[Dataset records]
┏━━

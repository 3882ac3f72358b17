-- ===== src/PageAlloc/Pow2.antt =====
-- `prev_pow2` and `next_pow2` of kernel/page_alloc.c, which set every digit below the top one by
-- six shifts.
use native.Mathlib.Nat.{pow-suc, one-le-pow, pow-le-pow_right, div-le_self}
use silkware.Base.{
  ℕ, zero, suc, ◌+◌, ◌-◌, ◌*◌, ◌^◌, ◌≤◌, ◌<◌, bit_or, ◌≡◌, refl, sym, ◌∙◌, inl, inr, true, false,
  arith, ltb, ◌==◌, if◌then◌else◌, Bool-cases, ltb→lt, u64, shr,
}
use silkware.Bits.Digits.{bit, bit-or, bit-lt, eq_of_bits}
use silkware.Bits.Shifts.{bit-shr, bit_or-lt, bit_of_mask, bit_top, top_digit}

-- `for (s = 1; s < sizeof(s)*8; s <<= 1) x |= x >> s;` with fuel for its rounds.
smear : ℕ → ℕ → ℕ → ℕ
smear zero s x = x
smear (suc fuel) s x = elim (ltb s 64) [
  | true ↦ smear fuel (s * 2) (bit_or x (shr x s))
  | false ↦ x
]

-- The loop makes six rounds: `s` is 1, 2, 4, 8, 16 and 32.
unfoldable pub prev_pow2 : ℕ → ℕ
unfolding smear
prev_pow2 x = if x == 0 then 0 else let y = smear 7 1 x in y - shr y 1

unfoldable pub next_pow2 : ℕ → ℕ
unfolding smear
next_pow2 x = if x == 0 then 0 else u64 (smear 7 1 (x - 1) + 1)

-- The `s` digits from digit `k` down are set, and there is none above it.
record IsFilled (k s x : ℕ) : Type 0 where
  below : x < 2 ^ suc k
  ones : (i : ℕ) → i ≤ k → k < i + s → bit x i ≡ 1

-- One round doubles the filled part.
IsFilled-round : {k s x : ℕ} → IsFilled k s x → IsFilled k (s * 2) (bit_or x (shr x s))
IsFilled-round {k} {s} {x} f = record {
  below = bit_or-lt (suc k) x (shr x s) f.below (omega (arith, f.below, div-le_self x (2 ^ s)));
  ones = λ i p q. elim (Bool-cases (ltb k (i + s))) [
    | inl near ↦
        omega (arith, bit-or i x (shr x s), bit-lt (shr x s) i, f.ones i p (ltb→lt _ _ near))
    | inr far ↦
        let reach : i + s ≤ k = ground arith in
        omega (
          arith,
          bit-or i x (shr x s),
          bit-lt x i,
          bit-shr s x i,
          f.ones (i + s) reach (omega arith),
        )
  ];
}

IsFilled-mask : {k s x : ℕ} → IsFilled k s x → k < s → x ≡ 2 ^ suc k - 1
IsFilled-mask {k} {s} {x} f h =
    eq_of_bits (suc k) x (2 ^ suc k - 1) f.below (omega (arith, one-le-pow (suc k) 2))
      (λ i l. f.ones i (omega arith) (omega arith) ∙ sym (bit_of_mask (suc k) i l))

-- The six rounds fill every digit below the top digit `k`.
smear-mask : (k x : ℕ) → k < 64 → 2 ^ k ≤ x → x < 2 ^ suc k → smear 7 1 x ≡ 2 ^ suc k - 1
unfolding smear
smear-mask k x h p q = IsFilled-mask (twice (twice (twice top))) h
  where
    twice :
        {s y : ℕ}
        → IsFilled k s y
        → IsFilled k (s * 2 * 2) (bit_or (bit_or y (shr y s)) (shr (bit_or y (shr y s)) (s * 2)))
    twice f = IsFilled-round (IsFilled-round f)

    top : IsFilled k 1 x
    top = record {
      below = q;
      ones = λ i l m. let e : i ≡ k = omega arith in rw e (bit_top k x p q);
    }

-- The least power of two from `x` on.
abbrev pub IsCeiling : ℕ → ℕ → Type 0
IsCeiling x r = (k : ℕ) × (r ≡ 2 ^ k) × (x ≤ r) × (r < 2 * x)

-- The greatest power of two up to `x`.
abbrev pub IsFloor : ℕ → ℕ → Type 0
IsFloor x r = (k : ℕ) × (r ≡ 2 ^ k) × (r ≤ x) × (x < 2 * r)

-- For every positive 64-bit `x`, prev_pow2 returns the greatest power of two that is at most `x`.
pub prev_pow2-IsFloor : (x : ℕ) → 0 < x → x < 2 ^ 64 → IsFloor x (prev_pow2 x)
unfolding prev_pow2
prev_pow2-IsFloor x p q =
    let (k, h, l, u) = top_digit 64 x p q in
    let e : prev_pow2 x ≡ 2 ^ k =
      ground (arith, smear-mask k x h l u, pow-suc 2 k, one-le-pow k 2) in
    (k, e, omega arith, omega (arith, pow-suc 2 k))

-- For every positive `x` up to 2 ^ 63, next_pow2 returns the least power of two that is at least
-- `x`.
pub next_pow2-IsCeiling : (x : ℕ) → 0 < x → x ≤ 2 ^ 63 → IsCeiling x (next_pow2 x)
unfolding next_pow2
next_pow2-IsCeiling zero p q = absurd (omega arith)
next_pow2-IsCeiling (suc zero) p q = (0, refl, omega arith, omega arith)
next_pow2-IsCeiling (suc (suc y)) p q =
    let (k, h, l, u) = top_digit 63 (suc y) (omega arith) (omega arith) in
    let e : next_pow2 (suc (suc y)) ≡ 2 ^ suc k = ground (
      arith,
      smear-mask k (suc y) (omega arith) l u,
      pow-suc 2 k,
      pow-le-pow_right {n = 2} (omega arith) {i = suc k} {j = 63} (omega arith),
    ) in
    (suc k, e, omega (arith, pow-suc 2 k), omega (arith, pow-suc 2 k))

-- Above 2 ^ 63 the final increment wraps, and next_pow2 returns 0.
next_pow2-wraps : (x : ℕ) → 2 ^ 63 < x → x < 2 ^ 64 → next_pow2 x ≡ 0
unfolding next_pow2
next_pow2-wraps zero p q = absurd (omega arith)
next_pow2-wraps (suc y) p q =
    ground (arith, smear-mask 63 y (omega arith) (omega arith) (omega arith))
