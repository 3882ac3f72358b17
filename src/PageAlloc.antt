-- ===== src/PageAlloc.antt =====
-- kernel/page_alloc.c: the buddy allocator of pages. A block's header lies at its address, so the
-- headers are a memory of cells, `value` for `size`. Allocator calls run under one lock, so each is
-- a function from state to state.
mod Order
pub mod Pow2
pub mod Split
pub mod Alloc
pub mod Contract
mod Walk
pub mod Free
pub mod Flaws
pub mod Init
pub mod Resize
use silkware.Base.{
  ℕ, zero, suc, ◌+◌, ◌-◌, ◌/◌, bit_xor, Bool, true, false, ◌||◌, Option, none, some, List, [], ◌∷◌,
  ltb, leb, ◌==◌, if◌then◌else◌, page_size, u64,
}
use silkware.Base.Exec.{Exec, done, panicked, fault, out_of_fuel, ◌>>=◌, ◌>>◌, assert}
use silkware.Links.{Cell, cell, Cells, write, set_next, set_value}
use silkware.PageAlloc.Pow2.{next_pow2}

-- `struct pool`, ordered by address.
pub record Pool : Type 0 where
  pub start : ℕ
  pub base : ℕ
  pub end : ℕ

-- `pools` is `none` before `page_alloc_init`.
pub record Pages : Type 0 where
  pub heap : Cells
  pub pools : Option (List Pool)

unfoldable pub get_buddy : Cells → ℕ → ℕ → ℕ
get_buddy h addr base = base + bit_xor (addr - base) (h addr).value

-- One round of the loop of `split`: halve `b`, and put its upper half behind it.
unfoldable pub split_once : Cells → ℕ → ℕ → Cells
unfolding get_buddy
split_once h b base =
    let halved = set_value h b ((h b).value / 2) in
    let bb = get_buddy halved b base in set_next (write halved bb (halved b)) b bb

-- `while (b->size != sz) ...`
unfoldable pub split_loop : ℕ → Cells → ℕ → ℕ → ℕ → Exec Cells
split_loop zero h b sz base = out_of_fuel
split_loop (suc fuel) h b sz base = elim ((h b).value == sz) [
  | true ↦ done h
  | false ↦ split_loop fuel (split_once h b base) b sz base
]

-- A size has 64 digits, so 65 rounds are enough.
unfoldable pub split : Cells → ℕ → ℕ → ℕ → Exec Cells
split h b sz base = assert (leb sz (h b).value) >> split_loop 65 h b sz base

-- What the scan of one pool finds: a block taken, with the changed headers and start, or nothing.
pub data Scan : Type 0 where
  taken : ℕ → Cells → ℕ → Scan
  not_found : Scan

-- `if (prev) prev->next = q; else pools[i].start = q;`: the headers and the start.
unfoldable pub relink : Cells → ℕ → Option ℕ → ℕ → Cells × ℕ
relink h start none q = (h, q)
relink h start (some p) q = (set_next h p q, start)

-- `for (b = pools[i].start; b < pools[i].end; b = b->next)`
unfoldable pub scan_pool : ℕ → Cells → Pool → Option ℕ → ℕ → ℕ → Exec Scan
scan_pool zero h pool prev b sz = out_of_fuel
scan_pool (suc fuel) h pool prev b sz =
    let next = scan_pool fuel h pool (some b) (h b).next sz in
    if ltb b pool.end
    then (if leb sz (h b).value
        then (split h b sz pool.base >>= λ g.
            let (g', start) = relink g pool.start prev (g b).next in done (taken b g' start))
        else next)
    else done not_found

-- `for (i = 0; i < n_pools; ++i)`: the address, the headers and the pools after the first success.
unfoldable pub scan_pools : ℕ → Cells → List Pool → ℕ → Exec (Option (ℕ × Cells × List Pool))
scan_pools fuel h [] sz = done none
scan_pools fuel h (pool ∷ rest) sz = scan_pool fuel h pool none pool.start sz >>= λ found.
    elim found [
      | taken b g start ↦ done (some (b, g, record pool { start = start } ∷ rest))
      | not_found ↦ scan_pools fuel h rest sz >>= λ later. elim later [
        | none ↦ done none
        | some (b, g, rest') ↦ done (some (b, g, pool ∷ rest'))
      ]
    ]

-- The size that a request is rounded to.
unfoldable pub page_round : ℕ → ℕ
unfolding next_pow2
page_round sz = if ltb (next_pow2 sz) page_size then page_size else next_pow2 sz

-- `fuel` bounds the blocks of one free list. Out of memory is a panic.
unfoldable pub page_alloc : ℕ → ℕ → Pages → Exec (ℕ × Pages)
page_alloc fuel sz s = elim s.pools [
  | none ↦ panicked
  | some pools ↦ scan_pools fuel s.heap pools (page_round sz) >>= λ found. elim found [
    | none ↦ panicked
    | some (b, g, pools') ↦ done (b, record { heap = g; pools = some pools' })
  ]
]

-- `page` and the block `b` become one block at the lower of the two addresses.
unfoldable pub merge : Cells → ℕ → ℕ → Option ℕ → ℕ → Cells × ℕ
unfolding relink
merge h start page prev b =
    let low = if ltb page b then page else b in
    let high = if ltb page b then b else page in
    let grown = set_value h low ((h low).value + (h high).value) in
    relink (set_next grown low (grown b).next) start prev low

-- `page` goes between `prev` and `b`.
unfoldable pub insert_page : Cells → ℕ → ℕ → Option ℕ → ℕ → Cells × ℕ
insert_page h start page none b = (set_next h page start, page)
insert_page h start page (some p) b = (set_next (set_next h p page) page b, start)

-- `for (b = pools[i].start; ; b = b->next)`
unfoldable pub free_loop : ℕ → Cells → Pool → ℕ → Option ℕ → ℕ → Exec (Cells × ℕ)
free_loop zero h pool page prev b = out_of_fuel
free_loop (suc fuel) h pool page prev b =
    let next = free_loop fuel h pool page (some b) (h b).next in
    if b == get_buddy h page pool.base
    then done (merge h pool.start page prev b)
    else if ltb page b
    then done (insert_page h pool.start page prev b)
    else if b == pool.end
    then elim prev [
      | none ↦ fault
      | some p ↦ done (insert_page h pool.start page (some p) pool.end)
    ]
    else next

-- `for (i = 0; i < n_pools; ++i)`, with the `continue` and the panic behind the loop.
unfoldable pub free_pools : ℕ → Cells → List Pool → ℕ → Exec (Cells × List Pool)
free_pools fuel h [] page = panicked
free_pools fuel h (pool ∷ rest) page =
    let later = free_pools fuel h rest page >>= λ (r : Cells × List Pool). done (r.0, pool ∷ r.1) in
    let here = free_loop fuel h pool page none pool.start >>= λ (r : Cells × ℕ).
    done (r.0, record pool { start = r.1 } ∷ rest) in
    if ltb page pool.base || ltb pool.end page then later else here

unfoldable pub page_free : ℕ → ℕ → ℕ → Pages → Exec Pages
page_free fuel page sz s =
    free_pools fuel (set_value s.heap page (page_round sz))
      (elim s.pools [ none ↦ [] | some l ↦ l ]) page
    >>= λ (r : Cells × List Pool).
        done (record s { heap = r.0; pools = elim s.pools [ none ↦ none | some _ ↦ some r.1 ] })
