-- ===== src/Http/Json.antt =====
-- internal/httpapi/fastresp.go: the JSON of a range response. `format_float f format` is
-- `strconv.AppendFloat(nil, f, format, -1, 64)`, which the definitions take as an argument.
pub mod RoundTrip
use the_500mb_club_challenge.Prelude.{
  ℕ, suc, ◌-◌, not, ◌&&◌, ◌||◌, List, [], ◌∷◌, ◌++◌, ltb, leb, ◌==◌, if◌then◌else◌, Bytes, codes,
  length, take, get_or,
}
use the_500mb_club_challenge.Golang.Strconv.{format_int}
use the_500mb_club_challenge.Golang.Float64.{abs_float, Float64, float_lt, f_0}
use the_500mb_club_challenge.Model.Point.{Point}

-- 1e-6 and 1e21
abbrev f_micro : Float64
f_micro = 0x3EB0C6F7A0B5ED8D

abbrev f_zetta : Float64
f_zetta = 0x444B1AE4D6E2EF50

-- 'f', or 'e' for small and large magnitudes other than 0.
unfoldable pub float_format : Float64 → ℕ
float_format a =
    if (float_lt a f_0 || float_lt f_0 a) && (float_lt a f_micro || not (float_lt a f_zetta))
    then b'e'
    else b'f'

-- The exponent "e-0X" at the end becomes "e-X".
unfoldable pub trim_exponent : Bytes → Bytes
trim_exponent dst =
    let n = length dst in
    if leb 4 n
      && (get_or dst (n - 4) 0 == b'e')
      && (get_or dst (n - 3) 0 == b'-')
      && (get_or dst (n - 2) 0 == b'0')
    then take (n - 2) dst ++ get_or dst (n - 1) 0 ∷ []
    else dst

unfoldable pub append_json_float : (Float64 → ℕ → Bytes) → Bytes → Float64 → Bytes
append_json_float format_float dst f =
    let format = float_format (abs_float f) in
    let out = dst ++ format_float f format in if format == b'e' then trim_exponent out else out

append_battery : (Float64 → ℕ → Bytes) → Bytes → Point → Bytes
append_battery format_float dst p =
    if p.has_battery
    then append_json_float format_float (dst ++ codes ",\"battery\":") p.battery
    else dst

unfoldable pub append_point_json : (Float64 → ℕ → Bytes) → Bytes → Point → Bytes
unfolding append_battery
append_point_json format_float dst p =
    let ts = (dst ++ codes "{\"ts\":") ++ format_int p.ts in
    let lat = append_json_float format_float (ts ++ codes ",\"lat\":") p.lat in
    let lon = append_json_float format_float (lat ++ codes ",\"lon\":") p.lon in
    let battery = append_battery format_float lon p in
    let ax = append_json_float format_float (battery ++ codes ",\"ax\":") p.ax in
    let ay = append_json_float format_float (ax ++ codes ",\"ay\":") p.ay in
    let az = append_json_float format_float (ay ++ codes ",\"az\":") p.az in az ++ b'}' ∷ []

-- The loop over the points, from index `i` on.
append_points_json : (Float64 → ℕ → Bytes) → ℕ → Bytes → List Point → Bytes
append_points_json format_float i dst [] = dst
append_points_json format_float i dst (p ∷ ps) =
    append_points_json format_float (suc i)
      (append_point_json format_float (if ltb 0 i then dst ++ b',' ∷ [] else dst) p) ps

unfoldable pub append_cursor : Bytes → Bytes → Bytes
append_cursor dst cur = (dst ++ b'"' ∷ []) ++ cur ++ b'"' ∷ []

append_next : Bytes → Bytes → Bytes
append_next dst [] = dst ++ codes "null"
append_next dst (c ∷ cur) = append_cursor dst (c ∷ cur)

unfoldable pub append_range_json : (Float64 → ℕ → Bytes) → Bytes → List Point → Bytes → Bytes
unfolding append_points_json append_next
append_range_json format_float dst pts next =
    append_next
      (append_points_json format_float 0 (dst ++ codes "{\"points\":[") pts
        ++ codes "],\"next_cursor\":")
      next
    ++ b'}' ∷ []
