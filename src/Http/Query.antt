-- ===== src/Http/Query.antt =====
-- internal/httpapi/query.go: range queries.
pub mod Mem
pub mod Redis
use the_500mb_club_challenge.Prelude.{
  ℕ, Bool, false, not, Option, none, some, [], if◌then◌else◌, Bytes, codes, ok, err, panic,
}
use the_500mb_club_challenge.Prelude.Int.{ℤ, ltb_ℤ}
use the_500mb_club_challenge.Golang.Float64.{Float64}
use the_500mb_club_challenge.Http.Validate.{valid_id, parse_int64, parse_limit}
use the_500mb_club_challenge.Http.Writer.{Writer, write_json}
use the_500mb_club_challenge.Http.Json.{append_range_json}
use the_500mb_club_challenge.Http.Handler.{Store, State, Outcome, reply, crash, read_status}

-- `query` is `r.URL.Query().Get`, "" for a parameter that is not there.
pub record Request : Type 0 where
  pub id : Bytes
  pub query : Bytes → Bytes

-- An error of a read, with the counter that it raises.
unfoldable pub refuse : {S : Type 0} → State S → Writer → ℕ × State S → Outcome S
refuse st w (code, st') = reply st' w code

-- The query, once its parameters are read. The body is written as `writeJSON` writes it.
unfoldable pub run_query :
    {S : Type 0}
    → Store S
    → (Float64 → ℕ → Bytes)
    → Bytes
    → ℤ
    → ℤ
    → ℕ
    → Bytes
    → State S
    → Writer
    → Outcome S
unfolding refuse
run_query ops format_float id from to limit cur st w =
    let (s, r) = ops.range st.store id from to limit cur in
    let st' = record st { store = s } in
    elim r [
      | ok (pts, next) ↦ record {
        state = st';
        writer = write_json 200 (append_range_json format_float [] pts next) w;
        panicked = false;
      }
      | err e ↦ refuse st' w (read_status e st')
      | panic ↦ crash st' w
    ]

-- The limit is read after the two timestamps.
unfoldable pub query_window :
    {S : Type 0}
    → Store S
    → (Float64 → ℕ → Bytes)
    → Request
    → Option ℤ
    → Option ℤ
    → State S
    → Writer
    → Outcome S
unfolding run_query
query_window ops format_float r none to st w = reply st w 400
query_window ops format_float r (some from) none st w = reply st w 400
query_window ops format_float r (some from) (some to) st w =
    if ltb_ℤ to from then reply st w 400 else elim (parse_limit (r.query (codes "limit"))) [
      | none ↦ reply st w 400
      | some limit ↦ run_query ops format_float r.id from to limit (r.query (codes "cursor")) st w
    ]

unfoldable pub query :
    {S : Type 0} → Store S → (Float64 → ℕ → Bytes) → Request → State S → Writer → Outcome S
unfolding query_window
query ops format_float r st w =
    if not (valid_id r.id)
    then reply st w 400
    else query_window ops format_float r (parse_int64 (r.query (codes "from")))
        (parse_int64 (r.query (codes "to"))) st w
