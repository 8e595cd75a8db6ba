-- ===== src/Http/Anomaly.antt =====
-- internal/httpapi/anomaly.go: the anomaly score of a device.
pub mod Reply
pub mod Overflow
pub mod Mem
pub mod Redis
use the_500mb_club_challenge.Prelude.{
  ◌||◌, false, ◌&&◌, ◌++◌, not, List, ℕ, Bool, Option, none, some, if◌then◌else◌, Bytes, codes, ok,
  err, panic,
}
use the_500mb_club_challenge.Golang.Strconv.{format_uint}
use the_500mb_club_challenge.Golang.Float64.{Float64, is_nan, is_inf}
use the_500mb_club_challenge.Model.Point.{Point}
use the_500mb_club_challenge.Anomaly.{Score, window, compute}
use the_500mb_club_challenge.Http.Validate.{valid_id}
use the_500mb_club_challenge.Http.Writer.{Writer, write_encoded}
use the_500mb_club_challenge.Http.Json.{append_json_float}
use the_500mb_club_challenge.Http.Query.{refuse}
use the_500mb_club_challenge.Http.Handler.{Store, State, Outcome, reply, crash, read_status}

-- `encoding/json` has no encoding of NaN or an infinity; other numbers are encoded as in a range
-- response.
abbrev pub is_encodable : Float64 → Bool
is_encodable f = not (is_nan f || is_inf f)

abbrev pub json_bool : Bool → Bytes
json_bool b = if b then codes "true" else codes "false"

-- `anomalyOut`, encoded by a `json.Encoder`, which ends the value with a newline.
unfoldable pub encode_score : (Float64 → ℕ → Bytes) → Score → Option Bytes
encode_score format_float r =
    let z = append_json_float format_float (codes "{\"z_score\":") r.z_score in
    let samples = (z ++ codes ",\"samples\":") ++ format_uint r.samples in
    let anomalous = (samples ++ codes ",\"anomalous\":") ++ json_bool r.anomalous in
    let mean = append_json_float format_float (anomalous ++ codes ",\"mean\":") r.mean in
    let stddev = append_json_float format_float (mean ++ codes ",\"stddev\":") r.stddev in
    if is_encodable r.z_score && is_encodable r.mean && is_encodable r.stddev
    then some (stddev ++ codes "}\n")
    else none

-- The score of the points, or 404 where they are too few.
unfoldable pub reply_score :
    {S : Type 0} → (Float64 → ℕ → Bytes) → State S → Writer → List Point → Outcome S
unfolding encode_score
reply_score format_float st w pts = elim (compute pts) [
  | none ↦ reply st w 404
  | some r ↦ record {
    state = st;
    writer = write_encoded 200 (encode_score format_float r) w;
    panicked = false;
  }
]

unfoldable pub run_anomaly :
    {S : Type 0} → Store S → (Float64 → ℕ → Bytes) → Bytes → State S → Writer → Outcome S
unfolding reply_score
run_anomaly ops format_float id st w =
    let (s, r) = ops.recent st.store id 256 in
    let st' = record st { store = s } in
    elim r [
      | ok pts ↦ reply_score format_float st' w pts
      | err e ↦ refuse st' w (read_status e st')
      | panic ↦ crash st' w
    ]

unfoldable pub anomaly :
    {S : Type 0} → Store S → (Float64 → ℕ → Bytes) → Bytes → State S → Writer → Outcome S
unfolding run_anomaly
anomaly ops format_float id st w =
    if not (valid_id id) then reply st w 400 else run_anomaly ops format_float id st w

┗━━

Aim of the task
With the first line being the one containing "if ltb_ℤ to" and the last line the one containing "-- ===== src/Http/Anomaly.antt", transcribe exactly the lines above that fall in that range.

Answer section
    if ltb_ℤ to from then reply st w 400 else elim (parse_limit (r.query (codes "limit"))) [
      | none ↦ reply st w 400
      | some limit ↦ run_query ops format_float r.id from to limit (r.query (codes "cursor")) st w
    ]

unfoldable pub query :
    {S : Type 0} → Store S → (Float64 → ℕ → Bytes) → Request → State S → Writer → Outcome S
unfolding query_window
query ops format_float r st w =
    if not (valid_id r.id)
    then reply st w 400
    else query_window ops format_float r (parse_int64 (r.query (codes "from")))
        (parse_int64 (r.query (codes "to"))) st w
repository 8e595cd75a8db6ba
-- ===== src/Http/Anomaly.antt =====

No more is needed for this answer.